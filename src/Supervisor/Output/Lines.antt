-- ===== src/Supervisor/Output/Lines.antt =====
-- The lines of a service's output (src/drain.c): absorb() copies segments, and does what a reading
-- byte by byte would do.
use ninit.Prelude.{
  append_nil, ℕ, zero, suc, ◌+◌, ◌-◌, ◌≤◌, ◌<◌, ◌≡◌, refl, ap, sym, ◌∙◌, true, false, List, [], ◌∷◌,
  ◌++◌, ltb, ◌==◌, length, length-append, length-drop, length-take_le, take, drop, take-append-drop,
  if_keeps, arith, if◌then◌else◌, All, inl, inr, Bool-cases,
}
use ninit.Supervisor.Output.{line_cap, Sink, flush_line, put_seg}
use ninit.Supervisor.Output.Tail.{append_assoc}

-- one byte: a newline ends the line, and so does a line that is full
unfoldable pub take_byte : ℕ → Sink → Sink
take_byte b s =
    if b == 10
    then flush_line s
    else let s' = if length s.line == line_cap then flush_line s else s in
      record s' { line = s'.line ++ b ∷ [] }

unfoldable pub take_bytes : List ℕ → Sink → Sink
take_bytes [] s = s
take_bytes (b ∷ bs) s = take_bytes bs (take_byte b s)

abbrev pub NoNewline : List ℕ → Type 0
NoNewline bs = All (λ b. (b == 10) ≡ false) bs

pub take_bytes-append :
    (xs ys : List ℕ) (s : Sink) → take_bytes (xs ++ ys) s ≡ take_bytes ys (take_bytes xs s)
unfolding take_bytes
take_bytes-append [] ys s = refl
take_bytes-append (x ∷ xs) ys s = take_bytes-append xs ys (take_byte x s)

-- Bytes that fit into the line are only added to it.
take_bytes-fits :
    (xs : List ℕ) (s : Sink)
    → NoNewline xs
    → length s.line + length xs ≤ line_cap
    → take_bytes xs s ≡ record s { line = s.line ++ xs }
unfolding take_bytes take_byte
take_bytes-fits [] s h l = ap (λ (t : List ℕ). record s { line = t }) (sym (append_nil s.line))
take_bytes-fits (x ∷ xs) s h l =
    let room : (length s.line == line_cap) ≡ false = ground arith in
    let long = length-append s.line (x ∷ []) in
    let s' : Sink = record s { line = s.line ++ x ∷ [] } in
    rw (h.0, room)
      (take_bytes-fits xs s' h.1 (omega arith)
        ∙ ap (λ (t : List ℕ). record s { line = t }) (append_assoc s.line (x ∷ []) xs))

pub flush-line : (s : Sink) → (flush_line s).line ≡ []
unfolding flush_line
flush-line s = go s.line refl
  where
    go : (t : List ℕ) → s.line ≡ t → (flush_line s).line ≡ []
    go [] e = rw (e, flush_line) e
    go (b ∷ bs) e = rw (e, flush_line) refl

NoNewline-take : (n : ℕ) (xs : List ℕ) → NoNewline xs → NoNewline (take n xs)
NoNewline-take zero xs h = tt
NoNewline-take (suc n) [] h = tt
NoNewline-take (suc n) (x ∷ xs) h = (h.0, NoNewline-take n xs h.1)

NoNewline-drop : (n : ℕ) (xs : List ℕ) → NoNewline xs → NoNewline (drop n xs)
NoNewline-drop zero xs h = h
NoNewline-drop (suc n) [] h = tt
NoNewline-drop (suc n) (x ∷ xs) h = NoNewline-drop n xs h.1

-- A newline or a full line leaves at most one byte in the line, any other byte one more.
take_byte-length :
    (b : ℕ) (s : Sink) → length s.line ≤ line_cap → length (take_byte b s).line ≤ line_cap
unfolding take_byte
take_byte-length b s h =
    let flushed = ap (λ (t : List ℕ). length t) (flush-line s) in
    if_keeps (λ (k : Sink). length k.line ≤ line_cap) (b == 10) _ _ (λ _. omega arith)
      (λ _. elim (Bool-cases (length s.line == line_cap)) [
        | inl e ↦ let long = length-append (flush_line s).line (b ∷ []) in rw e (omega arith)
        | inr e ↦ let long = length-append s.line (b ∷ []) in rw e (ground arith)
      ])

pub take_bytes-length :
    (bs : List ℕ) (s : Sink) → length s.line ≤ line_cap → length (take_bytes bs s).line ≤ line_cap
unfolding take_bytes
take_bytes-length [] s h = h
take_bytes-length (b ∷ bs) s h = take_bytes-length bs (take_byte b s) (take_byte-length b s h)

-- A byte after a full line goes to a fresh one.
take_byte-full :
    (b : ℕ) (s : Sink)
    → (b == 10) ≡ false
    → length s.line ≡ line_cap
    → take_byte b (flush_line s) ≡ take_byte b s
unfolding take_byte
take_byte-full b s h e =
    let flushed = ap (λ (t : List ℕ). length t) (flush-line s) in
    let full : (length s.line == line_cap) ≡ true = ground arith in
    let fresh : (length (flush_line s).line == line_cap) ≡ false = ground (arith, flushed) in
    rw (h, full, fresh) refl

-- Each round of the segment loop takes bytes that fit.
pub put_seg-bytes :
    (fuel : ℕ) (seg : List ℕ) (s : Sink)
    → length seg ≤ fuel
    → length s.line ≤ line_cap
    → NoNewline seg
    → put_seg fuel seg s ≡ take_bytes seg s
unfolding put_seg take_bytes
put_seg-bytes zero [] s l h k = refl
put_seg-bytes zero (b ∷ bs) s l h k = absurd (omega arith)
put_seg-bytes (suc fuel) [] s l h k = refl
put_seg-bytes (suc fuel) (b ∷ bs) s l h k = elim (Bool-cases (line_cap - length s.line == 0)) [
  | inl e ↦
      let flushed = ap (λ (t : List ℕ). length t) (flush-line s) in
      rw e (
        round (put_seg-bytes fuel) (flush_line s)
          (if ltb (length (b ∷ bs)) line_cap then length (b ∷ bs) else line_cap) (ground arith)
          (ground (arith, flushed))
        ∙ ap (take_bytes bs) (take_byte-full b s k.0 (ground arith)))
  | inr e ↦
      let room = line_cap - length s.line in
      rw e (
        round (put_seg-bytes fuel) s (if ltb (length (b ∷ bs)) room then length (b ∷ bs) else room)
          (ground arith) (ground arith))
]
  where
    round :
        ((seg : List ℕ) (s : Sink)
          → length seg ≤ fuel
          → length s.line ≤ line_cap
          → NoNewline seg
          → put_seg fuel seg s ≡ take_bytes seg s)
        → (s' : Sink) (n : ℕ) → 0 < n
        → length s'.line + n ≤ line_cap
        → put_seg fuel (drop n (b ∷ bs)) (record s' { line = s'.line ++ take n (b ∷ bs) })
          ≡ take_bytes (b ∷ bs) s'
    round ih s' n some fits =
        let seg = b ∷ bs in
        let taken = length-take_le n seg in
        let left = length-drop n seg in
        let long = length-append s'.line (take n seg) in
        ih (drop n seg) _ (omega arith) (omega arith) (NoNewline-drop n seg k)
        ∙ ap (take_bytes (drop n seg))
            (sym (take_bytes-fits (take n seg) s' (NoNewline-take n seg k) (omega arith)))
        ∙ sym (take_bytes-append (take n seg) (drop n seg) s')
        ∙ ap (λ t. take_bytes t s') (take-append-drop n seg)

**Exercise requirements:**
Each line of the material that has the word "cases" belongs in the answer.

**Written response:**
  if_keeps, arith, if◌then◌else◌, All, inl, inr, Bool-cases,
      (λ _. elim (Bool-cases (length s.line == line_cap)) [
put_seg-bytes (suc fuel) (b ∷ bs) s l h k = elim (Bool-cases (line_cap - length s.line == 0)) [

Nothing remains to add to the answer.